══ Source material
-- ===== src/Settings/Supported.antt =====
-- Settings that the webhook has admitted, on their way through SetDefaults to CompareSettings.
use provider_exoscale.Prelude.{
  map_err-eq-ok, String, Bool, true, false, not, ◌||◌, ◌&&◌, ◌≡◌, ◌≢◌, refl, ap, ◌∙◌, some, Result,
  ok, panic, Fault, Result-cases, wrap, ◌>>=◌, ◌==◌, if◌then◌else◌, Option-cases, Bool-cases, inl,
  inr, arith,
}
use provider_exoscale.Prelude.Tests
use provider_exoscale.Json.{
  Json, null, bool, int, float, str, arr, obj, Fields, end, field, lookup, insert, index, size,
  iface_eq, RawExtension, JsonCodec, to_map, to_raw_extension,
}
use provider_exoscale.Webhook.{is_supported, validate_raw_extension}
use provider_exoscale.Webhook.Laws.{AllSupported, validate_raw_extension_iff}
use provider_exoscale.Mapper.Compare.{false_on_error, compare_each, compare_maps, compare_settings}
use provider_exoscale.Settings.{
  Schema, schema, Schemas, none_left, entry, has_default, set_leaf, set_properties, find_schema,
  properties, set_defaults,
}

-- A schema without nested properties whose defaults are strings, numbers and Booleans.
abbrev pub leaf_supported : Schema → Bool
leaf_supported (schema d none_left) = not (has_default d) || is_supported d
leaf_supported (schema d (entry k s ps)) = false

abbrev pub flat_supported : Schemas → Bool
flat_supported none_left = true
flat_supported (entry k s ps) = leaf_supported s && flat_supported ps

AllSupported-insert :
    (k : String) (v : Json) (m : Fields)
    → is_supported v ≡ true
    → AllSupported m
    → AllSupported (insert k v m)
unfolding insert
AllSupported-insert k v end h all = (h, tt)
AllSupported-insert k v (field j w m) h all = elim (Bool-cases (j == k)) [
  | inl same ↦ rw same (h, all.1)
  | inr other ↦ rw other (all.0, AllSupported-insert k v m h all.1)
]

set_leaf-AllSupported :
    (d : Json) (key : String) (m : Fields)
    → leaf_supported (schema d none_left) ≡ true
    → AllSupported m
    → AllSupported (set_leaf d key m).0
set_leaf-AllSupported d key m h all = elim (Option-cases (lookup key m)) [
  | inr (v, here) ↦ let same : set_leaf d key m ≡ (m, false) = ground arith in rw same all
  | inl gone ↦ elim (Bool-cases (has_default d)) [
    | inl given ↦
        let filled : set_leaf d key m ≡ (insert key d m, true) = ground arith in
        rw filled (AllSupported-insert key d m (rw given at h) all)
    | inr missing ↦ let same : set_leaf d key m ≡ (m, false) = ground arith in rw same all
  ]
]

set_properties-AllSupported :
    (ps : Schemas) (m : Fields)
    → flat_supported ps ≡ true
    → AllSupported m
    → AllSupported (set_properties ps m).0
unfolding set_properties
set_properties-AllSupported none_left m h all = all
set_properties-AllSupported (entry k (schema d none_left) ps) m h all =
    set_properties-AllSupported ps (set_leaf d k m).0 (ground arith)
      (set_leaf-AllSupported d k m (ground arith) all)
set_properties-AllSupported (entry k (schema d (entry j s qs)) ps) m h all = cc

-- `==` does not panic if one side is a string, a number or a Boolean.
iface_eq_total : (w v : Json) → is_supported v ≡ true → (b : Bool) × (iface_eq w v ≡ ok b)
unfolding iface_eq
iface_eq_total null (bool b) h = (_, refl)
iface_eq_total (bool b') (bool b) h = (_, refl)
iface_eq_total (int n') (bool b) h = (_, refl)
iface_eq_total (float x') (bool b) h = (_, refl)
iface_eq_total (str s') (bool b) h = (_, refl)
iface_eq_total (arr xs') (bool b) h = (_, refl)
iface_eq_total (obj m') (bool b) h = (_, refl)
iface_eq_total null (int n) h = (_, refl)
iface_eq_total (bool b') (int n) h = (_, refl)
iface_eq_total (int n') (int n) h = (_, refl)
iface_eq_total (float x') (int n) h = (_, refl)
iface_eq_total (str s') (int n) h = (_, refl)
iface_eq_total (arr xs') (int n) h = (_, refl)
iface_eq_total (obj m') (int n) h = (_, refl)
iface_eq_total null (float x) h = (_, refl)
iface_eq_total (bool b') (float x) h = (_, refl)
iface_eq_total (int n') (float x) h = (_, refl)
iface_eq_total (float x') (float x) h = (_, refl)
iface_eq_total (str s') (float x) h = (_, refl)
iface_eq_total (arr xs') (float x) h = (_, refl)
iface_eq_total (obj m') (float x) h = (_, refl)
iface_eq_total null (str s) h = (_, refl)
iface_eq_total (bool b') (str s) h = (_, refl)
iface_eq_total (int n') (str s) h = (_, refl)
iface_eq_total (float x') (str s) h = (_, refl)
iface_eq_total (str s') (str s) h = (_, refl)
iface_eq_total (arr xs') (str s) h = (_, refl)
iface_eq_total (obj m') (str s) h = (_, refl)
iface_eq_total w null h = cc
iface_eq_total w (arr xs) h = cc
iface_eq_total w (obj m) h = cc

if_ok :
    (b later : Bool) (r : Result Bool)
    → r ≡ ok later
    → (if b then r else ok false) ≡ ok (if b then later else false)
if_ok true later r e = e
if_ok false later r e = refl

compare_each_total : (sa sb : Fields) → AllSupported sa → (b : Bool) × (compare_each sa sb ≡ ok b)
unfolding compare_each
compare_each_total end sb all = (true, refl)
compare_each_total (field k v sa) sb all =
    let (same, e) = iface_eq_total (index k sb) v all.0 in
    let (later, f) = compare_each_total sa sb all.1 in
    (if same then later else false, rw e (if_ok same later (compare_each sa sb) f))

compare_maps_total : (sa sb : Fields) → AllSupported sa → (b : Bool) × (compare_maps sa sb ≡ ok b)
unfolding compare_maps
compare_maps_total sa sb all =
    let (b, e) = compare_each_total sa sb all in
    (_, if_ok (Tests.◌==◌ (size sa) (size sb)) b (compare_each sa sb) e)

-- What the code relies on of encoding/json: a map whose values are strings, numbers and Booleans is
-- read back from its encoding as such a map.
abbrev pub KeepsSupported : JsonCodec → Type 0
KeepsSupported codec =
    (m : Fields) (raw : RawExtension)
    → AllSupported m
    → to_raw_extension codec (some m) ≡ ok raw
    → (m' : Fields) × (to_map codec raw ≡ ok m') × AllSupported m'

-- CompareSettings on settings that decode to a map of strings, numbers and Booleans.
compare_settings_total :
    (codec : JsonCodec) (a b : RawExtension) (sa : Fields)
    → to_map codec a ≡ ok sa
    → AllSupported sa
    → ((p : Fault) → to_map codec b ≢ panic p)
    → (same : Bool) × (compare_settings codec a b ≡ ok same)
unfolding compare_settings
compare_settings_total codec a b sa e all safe =
    let compared = λ (r : Result Fields). false_on_error (r >>= λ sb. compare_maps sa sb) in
    let read = ap (λ r. false_on_error (r >>= λ m. to_map codec b >>= λ sb. compare_maps m sb)) e in
    elim (Result-cases (to_map codec b)) [
      | inl (sb, here) ↦
          let (same, t) = compare_maps_total sa sb all in
          (same, read ∙ ap compared here ∙ ap false_on_error t)
      | inr (inl (x, here)) ↦ (false, read ∙ ap compared here)
      | inr (inr (p, here)) ↦ absurd (safe p here)
    ]

defaulted :
    (codec : JsonCodec) (s : Schemas) (name : String) (sc : Schema) (input out : RawExtension)
    (m : Fields)
    → find_schema name s ≡ some sc
    → to_map codec input ≡ ok m
    → set_defaults codec s name input ≡ ok out
    → to_raw_extension codec (some (set_properties (properties sc) m).0) ≡ ok out
unfolding set_defaults
defaulted codec s name sc input out m found read filled =
    map_err-eq-ok (wrap "failed to parse defaulted setting: %w") _ out
      (rw (set_defaults, found, read) at filled)

-- Settings that the webhook admits can be compared: once SetDefaults has filled them in from a schema
-- without nested properties whose defaults are strings, numbers and Booleans, CompareSettings gives a
-- verdict on them and any settings whose decoding does not panic, and does not panic itself.
pub admitted_settings_compare :
    (codec : JsonCodec) (s : Schemas) (name : String) (sc : Schema)
    (input out reported : RawExtension)
    → KeepsSupported codec
    → find_schema name s ≡ some sc
    → flat_supported (properties sc) ≡ true
    → validate_raw_extension codec input ≡ ok tt
    → set_defaults codec s name input ≡ ok out
    → ((p : Fault) → to_map codec reported ≢ panic p)
    → (same : Bool) × (compare_settings codec out reported ≡ ok same)
admitted_settings_compare codec s name sc input out reported keeps found flat valid filled safe =
    let (m, read, all) = (validate_raw_extension_iff codec input).0 valid in
    let (m', back, kept) =
      keeps (set_properties (properties sc) m).0 out
        (set_properties-AllSupported (properties sc) m flat all)
        (defaulted codec s name sc input out m found read filled) in
    compare_settings_total codec out reported m' back kept safe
════
◆ Task brief: Each line from the start of the listing above through the line containing "leaf_supported (schema d (entry" must be reproduced exactly. Leave out the rest.

◆ Answer to the exercise:
-- ===== src/Settings/Supported.antt =====
-- Settings that the webhook has admitted, on their way through SetDefaults to CompareSettings.
use provider_exoscale.Prelude.{
  map_err-eq-ok, String, Bool, true, false, not, ◌||◌, ◌&&◌, ◌≡◌, ◌≢◌, refl, ap, ◌∙◌, some, Result,
  ok, panic, Fault, Result-cases, wrap, ◌>>=◌, ◌==◌, if◌then◌else◌, Option-cases, Bool-cases, inl,
  inr, arith,
}
use provider_exoscale.Prelude.Tests
use provider_exoscale.Json.{
  Json, null, bool, int, float, str, arr, obj, Fields, end, field, lookup, insert, index, size,
  iface_eq, RawExtension, JsonCodec, to_map, to_raw_extension,
}
use provider_exoscale.Webhook.{is_supported, validate_raw_extension}
use provider_exoscale.Webhook.Laws.{AllSupported, validate_raw_extension_iff}
use provider_exoscale.Mapper.Compare.{false_on_error, compare_each, compare_maps, compare_settings}
use provider_exoscale.Settings.{
  Schema, schema, Schemas, none_left, entry, has_default, set_leaf, set_properties, find_schema,
  properties, set_defaults,
}

-- A schema without nested properties whose defaults are strings, numbers and Booleans.
abbrev pub leaf_supported : Schema → Bool
leaf_supported (schema d none_left) = not (has_default d) || is_supported d
leaf_supported (schema d (entry k s ps)) = false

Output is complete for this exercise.